- [Aim of the exercise]:
Please restate each entry word for word.

═══ Provided entries ═══

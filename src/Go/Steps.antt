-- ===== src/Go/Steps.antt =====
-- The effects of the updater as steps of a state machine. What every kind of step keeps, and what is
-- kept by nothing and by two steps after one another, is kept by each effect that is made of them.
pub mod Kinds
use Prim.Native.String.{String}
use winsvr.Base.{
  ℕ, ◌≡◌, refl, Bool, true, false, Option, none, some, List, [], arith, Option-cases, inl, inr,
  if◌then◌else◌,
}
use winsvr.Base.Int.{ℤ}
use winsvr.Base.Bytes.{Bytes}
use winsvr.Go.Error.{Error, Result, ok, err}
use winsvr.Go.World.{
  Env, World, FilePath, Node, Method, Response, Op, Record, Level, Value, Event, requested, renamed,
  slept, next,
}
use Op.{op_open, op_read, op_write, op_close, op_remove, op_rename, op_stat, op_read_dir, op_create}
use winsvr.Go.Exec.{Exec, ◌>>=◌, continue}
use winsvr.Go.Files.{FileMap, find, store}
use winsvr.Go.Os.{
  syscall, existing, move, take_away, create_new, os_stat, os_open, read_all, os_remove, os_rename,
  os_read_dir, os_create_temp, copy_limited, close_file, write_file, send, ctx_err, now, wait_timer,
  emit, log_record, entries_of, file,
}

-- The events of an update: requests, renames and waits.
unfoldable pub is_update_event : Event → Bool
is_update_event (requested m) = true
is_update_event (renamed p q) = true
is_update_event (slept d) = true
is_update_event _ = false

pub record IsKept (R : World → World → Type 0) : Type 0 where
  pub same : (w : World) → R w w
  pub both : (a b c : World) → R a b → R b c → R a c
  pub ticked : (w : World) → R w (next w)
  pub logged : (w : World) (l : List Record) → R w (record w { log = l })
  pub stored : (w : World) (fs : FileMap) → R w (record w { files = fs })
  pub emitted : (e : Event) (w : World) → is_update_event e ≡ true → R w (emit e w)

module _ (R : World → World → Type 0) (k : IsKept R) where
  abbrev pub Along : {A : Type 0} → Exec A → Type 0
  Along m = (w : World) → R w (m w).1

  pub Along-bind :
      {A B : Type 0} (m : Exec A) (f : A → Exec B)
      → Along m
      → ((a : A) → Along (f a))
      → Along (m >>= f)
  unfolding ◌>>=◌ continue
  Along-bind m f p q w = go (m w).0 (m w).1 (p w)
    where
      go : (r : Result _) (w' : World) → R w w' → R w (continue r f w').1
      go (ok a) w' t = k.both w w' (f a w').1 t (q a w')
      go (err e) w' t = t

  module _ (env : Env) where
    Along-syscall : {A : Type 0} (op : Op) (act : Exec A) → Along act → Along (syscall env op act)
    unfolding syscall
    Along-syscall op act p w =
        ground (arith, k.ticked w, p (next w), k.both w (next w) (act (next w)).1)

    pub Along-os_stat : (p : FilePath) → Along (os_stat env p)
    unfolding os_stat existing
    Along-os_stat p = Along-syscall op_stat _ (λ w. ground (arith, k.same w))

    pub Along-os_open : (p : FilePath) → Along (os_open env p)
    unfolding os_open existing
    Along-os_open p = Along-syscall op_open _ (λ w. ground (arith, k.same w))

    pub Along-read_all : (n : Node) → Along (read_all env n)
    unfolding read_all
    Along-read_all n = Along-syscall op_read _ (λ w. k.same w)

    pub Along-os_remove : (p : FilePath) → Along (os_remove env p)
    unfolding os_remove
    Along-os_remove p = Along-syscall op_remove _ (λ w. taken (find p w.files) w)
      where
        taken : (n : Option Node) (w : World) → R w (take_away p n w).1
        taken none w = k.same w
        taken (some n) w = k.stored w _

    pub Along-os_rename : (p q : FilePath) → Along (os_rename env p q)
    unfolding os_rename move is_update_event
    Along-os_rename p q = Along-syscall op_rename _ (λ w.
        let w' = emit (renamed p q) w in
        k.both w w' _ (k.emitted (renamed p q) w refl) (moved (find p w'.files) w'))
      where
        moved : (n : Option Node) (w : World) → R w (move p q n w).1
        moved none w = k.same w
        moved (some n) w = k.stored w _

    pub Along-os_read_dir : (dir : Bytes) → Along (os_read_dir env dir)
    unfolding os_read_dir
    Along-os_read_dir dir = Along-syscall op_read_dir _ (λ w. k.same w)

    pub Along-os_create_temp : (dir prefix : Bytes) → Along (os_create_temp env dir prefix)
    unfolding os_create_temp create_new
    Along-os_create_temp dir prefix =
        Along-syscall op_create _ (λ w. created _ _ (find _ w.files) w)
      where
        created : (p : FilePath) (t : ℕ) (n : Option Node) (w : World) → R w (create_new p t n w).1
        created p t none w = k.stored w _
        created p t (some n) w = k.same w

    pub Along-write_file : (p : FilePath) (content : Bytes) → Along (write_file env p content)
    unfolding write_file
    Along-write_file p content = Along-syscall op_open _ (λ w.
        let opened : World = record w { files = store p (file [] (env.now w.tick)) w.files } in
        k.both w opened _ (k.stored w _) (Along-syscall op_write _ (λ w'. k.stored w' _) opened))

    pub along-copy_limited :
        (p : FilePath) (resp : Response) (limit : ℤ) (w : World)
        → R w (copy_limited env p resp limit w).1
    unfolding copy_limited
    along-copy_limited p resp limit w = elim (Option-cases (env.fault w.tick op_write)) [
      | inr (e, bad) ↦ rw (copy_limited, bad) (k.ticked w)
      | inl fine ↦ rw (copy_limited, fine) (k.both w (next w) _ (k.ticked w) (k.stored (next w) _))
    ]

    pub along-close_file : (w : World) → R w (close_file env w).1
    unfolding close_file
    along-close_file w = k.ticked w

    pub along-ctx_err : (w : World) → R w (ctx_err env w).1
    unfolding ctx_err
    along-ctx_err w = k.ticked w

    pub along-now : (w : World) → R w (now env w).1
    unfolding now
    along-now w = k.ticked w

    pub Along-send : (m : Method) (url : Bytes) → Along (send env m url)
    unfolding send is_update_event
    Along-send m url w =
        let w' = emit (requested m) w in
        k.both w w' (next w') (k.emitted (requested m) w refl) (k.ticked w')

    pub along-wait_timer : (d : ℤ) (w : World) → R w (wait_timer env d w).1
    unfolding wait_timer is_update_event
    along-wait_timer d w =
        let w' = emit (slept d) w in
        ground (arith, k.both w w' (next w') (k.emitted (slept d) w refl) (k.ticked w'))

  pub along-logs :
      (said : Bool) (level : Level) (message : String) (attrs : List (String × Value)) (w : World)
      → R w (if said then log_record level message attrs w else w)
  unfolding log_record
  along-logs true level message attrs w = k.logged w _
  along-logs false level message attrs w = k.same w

═══

- [Your response]:
filename src/Go/Steps.antt
-- ===== src/Go/Steps.antt =====
-- The effects of the updater as steps of a state machine. What every kind of step keeps, and what is
-- kept by nothing and by two steps after one another, is kept by each effect that is made of them.
pub mod Kinds
use Prim.Native.String.{String}
use winsvr.Base.{
  ℕ, ◌≡◌, refl, Bool, true, false, Option, none, some, List, [], arith, Option-cases, inl, inr,
  if◌then◌else◌,
}
use winsvr.Base.Int.{ℤ}
use winsvr.Base.Bytes.{Bytes}
use winsvr.Go.Error.{Error, Result, ok, err}
use winsvr.Go.World.{
  Env, World, FilePath, Node, Method, Response, Op, Record, Level, Value, Event, requested, renamed,
  slept, next,
}
use Op.{op_open, op_read, op_write, op_close, op_remove, op_rename, op_stat, op_read_dir, op_create}
use winsvr.Go.Exec.{Exec, ◌>>=◌, continue}
use winsvr.Go.Files.{FileMap, find, store}
use winsvr.Go.Os.{
  syscall, existing, move, take_away, create_new, os_stat, os_open, read_all, os_remove, os_rename,
  os_read_dir, os_create_temp, copy_limited, close_file, write_file, send, ctx_err, now, wait_timer,
  emit, log_record, entries_of, file,
}

-- The events of an update: requests, renames and waits.
unfoldable pub is_update_event : Event → Bool
is_update_event (requested m) = true
is_update_event (renamed p q) = true
is_update_event (slept d) = true
is_update_event _ = false

pub record IsKept (R : World → World → Type 0) : Type 0 where
  pub same : (w : World) → R w w
  pub both : (a b c : World) → R a b → R b c → R a c
  pub ticked : (w : World) → R w (next w)
  pub logged : (w : World) (l : List Record) → R w (record w { log = l })
  pub stored : (w : World) (fs : FileMap) → R w (record w { files = fs })
  pub emitted : (e : Event) (w : World) → is_update_event e ≡ true → R w (emit e w)

module _ (R : World → World → Type 0) (k : IsKept R) where
  abbrev pub Along : {A : Type 0} → Exec A → Type 0
  Along m = (w : World) → R w (m w).1

  pub Along-bind :
      {A B : Type 0} (m : Exec A) (f : A → Exec B)
      → Along m
      → ((a : A) → Along (f a))
      → Along (m >>= f)
  unfolding ◌>>=◌ continue
  Along-bind m f p q w = go (m w).0 (m w).1 (p w)
    where
      go : (r : Result _) (w' : World) → R w w' → R w (continue r f w').1
      go (ok a) w' t = k.both w w' (f a w').1 t (q a w')
      go (err e) w' t = t

  module _ (env : Env) where
    Along-syscall : {A : Type 0} (op : Op) (act : Exec A) → Along act → Along (syscall env op act)
    unfolding syscall
    Along-syscall op act p w =
        ground (arith, k.ticked w, p (next w), k.both w (next w) (act (next w)).1)

    pub Along-os_stat : (p : FilePath) → Along (os_stat env p)
    unfolding os_stat existing
    Along-os_stat p = Along-syscall op_stat _ (λ w. ground (arith, k.same w))

    pub Along-os_open : (p : FilePath) → Along (os_open env p)
    unfolding os_open existing
    Along-os_open p = Along-syscall op_open _ (λ w. ground (arith, k.same w))

    pub Along-read_all : (n : Node) → Along (read_all env n)
    unfolding read_all
    Along-read_all n = Along-syscall op_read _ (λ w. k.same w)

    pub Along-os_remove : (p : FilePath) → Along (os_remove env p)
    unfolding os_remove
    Along-os_remove p = Along-syscall op_remove _ (λ w. taken (find p w.files) w)
      where
        taken : (n : Option Node) (w : World) → R w (take_away p n w).1
        taken none w = k.same w
        taken (some n) w = k.stored w _

    pub Along-os_rename : (p q : FilePath) → Along (os_rename env p q)
    unfolding os_rename move is_update_event
    Along-os_rename p q = Along-syscall op_rename _ (λ w.
        let w' = emit (renamed p q) w in
        k.both w w' _ (k.emitted (renamed p q) w refl) (moved (find p w'.files) w'))
      where
        moved : (n : Option Node) (w : World) → R w (move p q n w).1
        moved none w = k.same w
        moved (some n) w = k.stored w _

    pub Along-os_read_dir : (dir : Bytes) → Along (os_read_dir env dir)
    unfolding os_read_dir
    Along-os_read_dir dir = Along-syscall op_read_dir _ (λ w. k.same w)

    pub Along-os_create_temp : (dir prefix : Bytes) → Along (os_create_temp env dir prefix)
    unfolding os_create_temp create_new
    Along-os_create_temp dir prefix =
        Along-syscall op_create _ (λ w. created _ _ (find _ w.files) w)
      where
        created : (p : FilePath) (t : ℕ) (n : Option Node) (w : World) → R w (create_new p t n w).1
        created p t none w = k.stored w _
        created p t (some n) w = k.same w

    pub Along-write_file : (p : FilePath) (content : Bytes) → Along (write_file env p content)
    unfolding write_file
    Along-write_file p content = Along-syscall op_open _ (λ w.
        let opened : World = record w { files = store p (file [] (env.now w.tick)) w.files } in
        k.both w opened _ (k.stored w _) (Along-syscall op_write _ (λ w'. k.stored w' _) opened))

    pub along-copy_limited :
        (p : FilePath) (resp : Response) (limit : ℤ) (w : World)
        → R w (copy_limited env p resp limit w).1
    unfolding copy_limited
    along-copy_limited p resp limit w = elim (Option-cases (env.fault w.tick op_write)) [
      | inr (e, bad) ↦ rw (copy_limited, bad) (k.ticked w)
      | inl fine ↦ rw (copy_limited, fine) (k.both w (next w) _ (k.ticked w) (k.stored (next w) _))
    ]

    pub along-close_file : (w : World) → R w (close_file env w).1
    unfolding close_file
    along-close_file w = k.ticked w

    pub along-ctx_err : (w : World) → R w (ctx_err env w).1
    unfolding ctx_err
    along-ctx_err w = k.ticked w

    pub along-now : (w : World) → R w (now env w).1
    unfolding now
    along-now w = k.ticked w

    pub Along-send : (m : Method) (url : Bytes) → Along (send env m url)
    unfolding send is_update_event
    Along-send m url w =
        let w' = emit (requested m) w in
        k.both w w' (next w') (k.emitted (requested m) w refl) (k.ticked w')

    pub along-wait_timer : (d : ℤ) (w : World) → R w (wait_timer env d w).1
    unfolding wait_timer is_update_event
    along-wait_timer d w =
        let w' = emit (slept d) w in
        ground (arith, k.both w w' (next w') (k.emitted (slept d) w refl) (k.ticked w'))

  pub along-logs :
      (said : Bool) (level : Level) (message : String) (attrs : List (String × Value)) (w : World)
      → R w (if said then log_record level message attrs w else w)
  unfolding log_record
  along-logs true level message attrs w = k.logged w _
  along-logs false level message attrs w = k.same w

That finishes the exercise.